DATA FOR THE TASK:
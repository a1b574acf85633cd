-- ===== src/Strip/Marks.antt =====
-- ui/src/runStrip.ts: `add`, and what the strip counts of the calls.
use native.Mathlib.Nat.{div-lt_iff_lt-mul}
use kaja.Prelude.{
  ℕ, zero, suc, ◌+◌, ◌/◌, ◌<◌, ◌≡◌, refl, ap, ◌∙◌, String, Bool, true, false, none, some, List, [],
  ◌∷◌, length, ltb, arith, Option-cases, inl, inr, sum_by, get_or, eq_iff,
}
use kaja.Prelude.Dict
use kaja.Prelude.Dict.{Dict, sum_by-insert, lookup-insert, length-insert}
use kaja.Call.{MethodCall, call_name}
use kaja.Run.{ConsoleItem}
use kaja.Strip.{
  push_fuel, RunStrip, Bucket, Seen, bucket_calls, bucket_failures, update_at, arrive, note, add,
  add_call, empty, note_bucket, note_seen, fails_now, note_found,
}
use kaja.Strip.Fill.{WellFilled, bucket_calls-le}
use kaja.Strip.Sums.{push_fuel_total, Fits, push-Pushed}

abbrev bit : Bool → ℕ
bit true = 1
bit false = 0

abbrev failed_in : Dict Seen → ℕ
failed_in of = sum_by (λ (seen : Seen). bit seen.failed) (Dict.values of)

pub record IsConsistent (s : RunStrip) : Type 0 where
  pub fits : Fits s
  pub total : bucket_calls s.buckets ≡ s.calls
  pub known : length s.of ≡ s.calls
  pub failures : bucket_failures s.buckets ≡ s.failures
  pub failed : failed_in s.of ≡ s.failures
  pub ordinals :
      (k : String) (seen : Seen) → Dict.lookup k s.of ≡ some seen → seen.ordinal < s.calls

module _ (call : MethodCall) (seen : Seen) where
  abbrev noted : ℕ → List Bucket → List Bucket
  noted i bs = update_at i (note_bucket call seen) bs

  length-noted : (i : ℕ) (bs : List Bucket) → length (noted i bs) ≡ length bs
  length-noted i [] = refl
  length-noted zero (b ∷ bs) = refl
  length-noted (suc i) (b ∷ bs) = ap suc (length-noted i bs)

  calls-noted : (i : ℕ) (bs : List Bucket) → bucket_calls (noted i bs) ≡ bucket_calls bs
  calls-noted i [] = refl
  calls-noted zero (b ∷ bs) = refl
  calls-noted (suc i) (b ∷ bs) = omega (arith, calls-noted i bs)

  failures-noted :
      (i : ℕ) (bs : List Bucket)
      → i < length bs
      → bucket_failures (noted i bs) ≡ bucket_failures bs + bit (fails_now call seen)
  failures-noted i [] h = elim h [ ]
  failures-noted zero (b ∷ bs) h = ground arith
  failures-noted (suc i) (b ∷ bs) h = omega (arith, failures-noted i bs (omega arith))

  WellFilled-noted :
      (cap i : ℕ) (bs : List Bucket) → WellFilled cap bs → WellFilled cap (noted i bs)
  WellFilled-noted cap i [] h = tt
  WellFilled-noted cap zero (b ∷ []) h = h
  WellFilled-noted cap (suc i) (b ∷ []) h = h
  WellFilled-noted cap zero (b ∷ c ∷ bs) h = h
  WellFilled-noted cap (suc zero) (b ∷ c ∷ bs) h = (h.0, WellFilled-noted cap zero (c ∷ bs) h.1)
  WellFilled-noted cap (suc (suc i)) (b ∷ c ∷ bs) h =
      (h.0, WellFilled-noted cap (suc i) (c ∷ bs) h.1)

lt-ltb : (a b : ℕ) → a < b → ltb a b ≡ true
lt-ltb a b h = ground arith

-- The bucket of a call that was counted is there.
bucket_there :
    (s : RunStrip) (o : ℕ) → Fits s → o < bucket_calls s.buckets → o / s.capacity < length s.buckets
bucket_there s o h lt =
    (div-lt_iff_lt-mul h.capacity).1 (grind (arith, bucket_calls-le s.capacity s.buckets h.filled))

module _ (item_id : String) (call : MethodCall) where
  arrive-IsConsistent :
      (s : RunStrip)
      → IsConsistent s
      → Dict.lookup item_id s.of ≡ none
      → IsConsistent (arrive item_id (call_name call) s)
  unfolding arrive
  arrive-IsConsistent s h new =
      let seen : Seen = record { ordinal = s.calls; failed = false; duration = none } in
      let p =
        push-Pushed item_id (call_name call)
          (record s {
            of = Dict.insert item_id seen s.of;
            calls = s.calls + 1;
            methods =
                Dict.insert (call_name call) (get_or (Dict.lookup (call_name call) s.methods) 0 + 1)
                  s.methods;
          })
          (record { room = h.fits.room; capacity = h.fits.capacity; filled = h.fits.filled }) in
      record {
        fits = p.fits;
        total = ground (arith, p.calls, p.total, h.total);
        known = rw (p.of, p.total) (ground (arith, length-insert item_id seen s.of, h.known));
        failures = ground (arith, p.failures, p.failed, h.failures);
        failed =
            rw (p.of, p.failed)
              (ground
                (arith, sum_by-insert (λ (x : Seen). bit x.failed) item_id seen s.of, h.failed));
        ordinals = λ k x e.
            rw p.total
              (ground (arith, rw p.of at e, lookup-insert item_id k seen s.of, h.ordinals k x));
      }

  note-IsConsistent :
      (s : RunStrip) (seen : Seen)
      → IsConsistent s
      → Dict.lookup item_id s.of ≡ some seen
      → IsConsistent (note item_id call seen s)
  unfolding note
  note-IsConsistent s seen h here =
      let at = seen.ordinal / s.capacity in
      let there =
        bucket_there s seen.ordinal h.fits (omega (arith, h.ordinals item_id seen here, h.total)) in
      rw (lt-ltb at (length s.buckets) there) (record {
        fits = record {
          room = rw (length-noted call seen at s.buckets) h.fits.room;
          capacity = h.fits.capacity;
          filled = WellFilled-noted call seen s.capacity at s.buckets h.fits.filled;
        };
        total = calls-noted call seen at s.buckets ∙ h.total;
        known = ground (arith, length-insert item_id (note_seen call seen) s.of, h.known);
        failures = ground (arith, failures-noted call seen at s.buckets there, h.failures);
        failed = ground (
          arith,
          sum_by-insert (λ (x : Seen). bit x.failed) item_id (note_seen call seen) s.of,
          h.failed,
        );
        ordinals = λ k x e. ground (
          arith,
          lookup-insert item_id k (note_seen call seen) s.of,
          eq_iff item_id k,
          h.ordinals k x,
          h.ordinals item_id seen,
        );
      })

  note_found-IsConsistent :
      (s : RunStrip) → IsConsistent s → IsConsistent (note_found item_id call s)
  note_found-IsConsistent s h = elim (Option-cases (Dict.lookup item_id s.of)) [
    | inl new ↦ rw (new, note_found) h
    | inr (seen, here) ↦ rw (here, note_found) (note-IsConsistent s seen h here)
  ]

  add_call-IsConsistent : (s : RunStrip) → IsConsistent s → IsConsistent (add_call item_id call s)
  unfolding add_call
  add_call-IsConsistent s h = elim (Option-cases (Dict.lookup item_id s.of)) [
    | inl new ↦ rw new (note_found-IsConsistent _ (arrive-IsConsistent s h new))
    | inr (seen, here) ↦ rw here (note_found-IsConsistent s h)
  ]

add-IsConsistent : (item : ConsoleItem) (s : RunStrip) → IsConsistent s → IsConsistent (add item s)
unfolding add
add-IsConsistent item s h = elim (Option-cases item.call) [
  | inl other ↦ rw other h
  | inr (call, e) ↦ rw e (add_call-IsConsistent item.id call s h)
]

IsConsistent-empty : IsConsistent empty
unfolding empty
IsConsistent-empty = record {
  fits = record { room = omega arith; capacity = omega arith; filled = tt };
  total = refl;
  known = refl;
  failures = refl;
  failed = refl;
  ordinals = λ k x e. cc;
}

-- The strip of a run to which these items arrived, in this order.
pub add_all : List ConsoleItem → RunStrip → RunStrip
add_all [] s = s
add_all (item ∷ items) s = add_all items (add item s)

add_all-keeps :
    (items : List ConsoleItem) (s : RunStrip) → IsConsistent s → IsConsistent (add_all items s)
unfolding add_all
add_all-keeps [] s h = h
add_all-keeps (item ∷ items) s h = add_all-keeps items (add item s) (add-IsConsistent item s h)

-- Whatever arrives, and however often: the strip has at most 200 buckets, every bucket but the last
-- is filled to the capacity, the calls of the buckets add up to the number of calls seen and their
-- failures to the number of calls seen to fail, and every call's ordinal is below the number of
-- calls.
pub add_all-IsConsistent : (items : List ConsoleItem) → IsConsistent (add_all items empty)
add_all-IsConsistent items = add_all-keeps items empty IsConsistent-empty

-- Whatever arrived before, two rounds are enough for the push of one more call: it ends, with a
-- strip as its result.
pub push_fuel-add_all :
    (items : List ConsoleItem) (item_id method : String)
    → (t : RunStrip) × (push_fuel 2 item_id method (add_all items empty) ≡ some t)
push_fuel-add_all items item_id method =
    let (t, ended, _) =
      push_fuel_total item_id method (add_all items empty) (add_all-IsConsistent items).fits in
    (t, ended)
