-- ===== src/Strip/Drawn.antt =====
-- ui/src/runStrip.ts: what the strip draws in the room it has.
use native.Mathlib.Decide.{dec_le}
use native.Mathlib.Nat.{div-lt_iff_lt-mul, lt-div-mul-add}
use kaja.Prelude.{
  ℕ, zero, suc, ◌+◌, ◌-◌, ◌*◌, ◌/◌, min, ◌≤◌, ◌<◌, ◌≡◌, refl, ◌∙◌, true, false, Option, none, some,
  List, [], ◌∷◌, length, leb, arith, Bool-cases, inl, inr, sum_by, map, length-map, is_nil, nat_eq,
  ◌||◌,
}
use kaja.Strip.{
  RunStrip, Bucket, bucket_calls, bucket_failures, merge_every, ceil_div, view, draw, merged,
  slot_of, empty, bar_height,
}
use kaja.Run.{ConsoleItem}
use kaja.Strip.Marks.{add_all, add_all-IsConsistent}
use kaja.Strip.Fill.{sum_by-merge_fuel, length-merge_fuel}

-- Dropping the methods changes no number of a bucket.
sum_by-map :
    (f : Bucket → ℕ) (g : Bucket → Bucket) (bs : List Bucket)
    → ((b : Bucket) → f (g b) ≡ f b)
    → sum_by f (map g bs) ≡ sum_by f bs
sum_by-map f g [] h = refl
sum_by-map f g (b ∷ bs) h = omega (arith, h b, sum_by-map f g bs h)

ceil_div_room : (n slots : ℕ) → 1 ≤ slots → n ≤ ceil_div n slots * slots
ceil_div_room n slots h = let room = lt-div-mul-add {a = n + slots - 1} h in omega arith

too_many : (l c slots : ℕ) → slots < l → l * c + 1 ≤ c * slots + c → ⊥
too_many l c slots h e = grind arith

-- A merge by the rounded-up quotient fits the slots.
merged_fits :
    (l n slots : ℕ) → 1 ≤ slots → l * ceil_div n slots + 1 ≤ n + ceil_div n slots → l ≤ slots
merged_fits l n slots h e = elim (dec_le l slots) [
  | yes le ↦ le
  | no more ↦
      absurd
        (too_many l (ceil_div n slots) slots (omega arith) (omega (arith, ceil_div_room n slots h)))
]

module _ (slots : ℕ) (bs : List Bucket) (some_room : 1 ≤ slots) where
  length-merged : length (merged (ceil_div (length bs) slots) bs) ≤ slots
  unfolding merged merge_every
  length-merged = elim (Bool-cases (leb (ceil_div (length bs) slots) 1)) [
    | inl one ↦
        rw one
          (fits_one (ceil_div (length bs) slots) one (ceil_div_room (length bs) slots some_room))
    | inr more ↦ rw more (
        merged_fits _ (length bs) slots some_room
          (length-merge_fuel (length bs) (ceil_div (length bs) slots) bs (ground arith)))
  ]
    where
      fits_one : (c : ℕ) → leb c 1 ≡ true → length bs ≤ c * slots → length bs ≤ slots
      fits_one zero e h = omega arith
      fits_one (suc zero) e h = omega arith
      fits_one (suc (suc c)) e h = absurd (ground arith)

  sum_by-merged :
      (factor : ℕ)
      → (bucket_calls (merged factor bs) ≡ bucket_calls bs)
        × (bucket_failures (merged factor bs) ≡ bucket_failures bs)
  unfolding merged merge_every
  sum_by-merged factor = elim (Bool-cases (leb factor 1)) [
    | inl one ↦ rw one (refl, refl)
    | inr more ↦ rw more (sum_by-merge_fuel (length bs) factor bs (omega arith) (ground arith))
  ]

-- The marks of a view stand for the calls and the failures of the buckets, in the room there is.
abbrev IsComplete : ℕ → List Bucket → List Bucket → Type 0
IsComplete slots drawn bs =
    (length drawn ≤ slots)
    × (bucket_calls drawn ≡ bucket_calls bs)
    × (bucket_failures drawn ≡ bucket_failures bs)

draw-IsComplete :
    (slots : ℕ) (s : RunStrip) → 1 ≤ slots → IsComplete slots (draw slots s).slots s.buckets
unfolding draw
draw-IsComplete slots s h =
    let factor = ceil_div (length s.buckets) slots in
    let (calls, failures) = sum_by-merged slots s.buckets h factor in
    (
      rw length-map (length-merged slots s.buckets h),
      rw (sum_by-map (λ b. b.calls) (slot_of _) (merged factor s.buckets) (λ b. refl)) calls,
      rw (sum_by-map (λ b. b.failures) (slot_of _) (merged factor s.buckets) (λ b. refl)) failures,
    )

none-IsComplete : (slots : ℕ) (bs : List Bucket) → is_nil bs ≡ true → IsComplete slots [] bs
none-IsComplete slots [] h = omega arith
none-IsComplete slots (b ∷ bs) h = cc

suc_ne : (n : ℕ) → nat_eq (suc n) 0 ≡ false
suc_ne n = ground arith

view-IsComplete :
    (slots : ℕ) (s : RunStrip) → 1 ≤ slots → IsComplete slots (view slots s).slots s.buckets
unfolding view
view-IsComplete zero s h = elim h [ ]
view-IsComplete (suc slots) s h = elim (Bool-cases (is_nil s.buckets)) [
  | inl bare ↦ rw (suc_ne slots, bare) (none-IsComplete (suc slots) s.buckets bare)
  | inr some_drawn ↦ rw (suc_ne slots, some_drawn) (draw-IsComplete (suc slots) s h)
]

-- Whatever arrived, in any room of at least one slot the strip draws no more marks than there are
-- slots, and the calls and the failures of its marks add up to those that the strip counted.
pub view-add_all :
    (slots : ℕ) (items : List ConsoleItem)
    → 1 ≤ slots
    → (length (view slots (add_all items empty)).slots ≤ slots)
      × (bucket_calls (view slots (add_all items empty)).slots ≡ (add_all items empty).calls)
      × (bucket_failures (view slots (add_all items empty)).slots ≡ (add_all items empty).failures)
view-add_all slots items h =
    let s = add_all items empty in
    let consistent = add_all-IsConsistent items in
    let (room, calls, failures) = view-IsComplete slots s h in
    (room, calls ∙ consistent.total, failures ∙ consistent.failures)

quotient_below : (r m : ℕ) → 1 ≤ r → m ≤ r → (6 * r + 16 * m + r) / (2 * r) < 12
quotient_below r m h e = (div-lt_iff_lt-mul (omega arith)).1 (omega arith)

-- A bar is drawn between its least and its greatest height.
pub bar_height_bounds :
    (slowest : ℕ) (run_slowest : Option ℕ)
    → (3 ≤ bar_height slowest run_slowest) × (bar_height slowest run_slowest ≤ 11)
unfolding bar_height
bar_height_bounds slowest none = omega arith
bar_height_bounds slowest (some r) = elim (Bool-cases (leb r 0 || leb slowest 0)) [
  | inl flat ↦ rw flat (omega arith)
  | inr drawn ↦
      rw drawn (omega (arith, quotient_below r (min slowest r) (ground arith) (omega arith)))
]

TASK OBJECTIVE:
Where the string "abbrev" appears in a line of the listing, copy that line.

RESPONSE BELOW:
abbrev bit : Bool → ℕ
abbrev failed_in : Dict Seen → ℕ
  abbrev noted : ℕ → List Bucket → List Bucket
abbrev IsComplete : ℕ → List Bucket → List Bucket → Type 0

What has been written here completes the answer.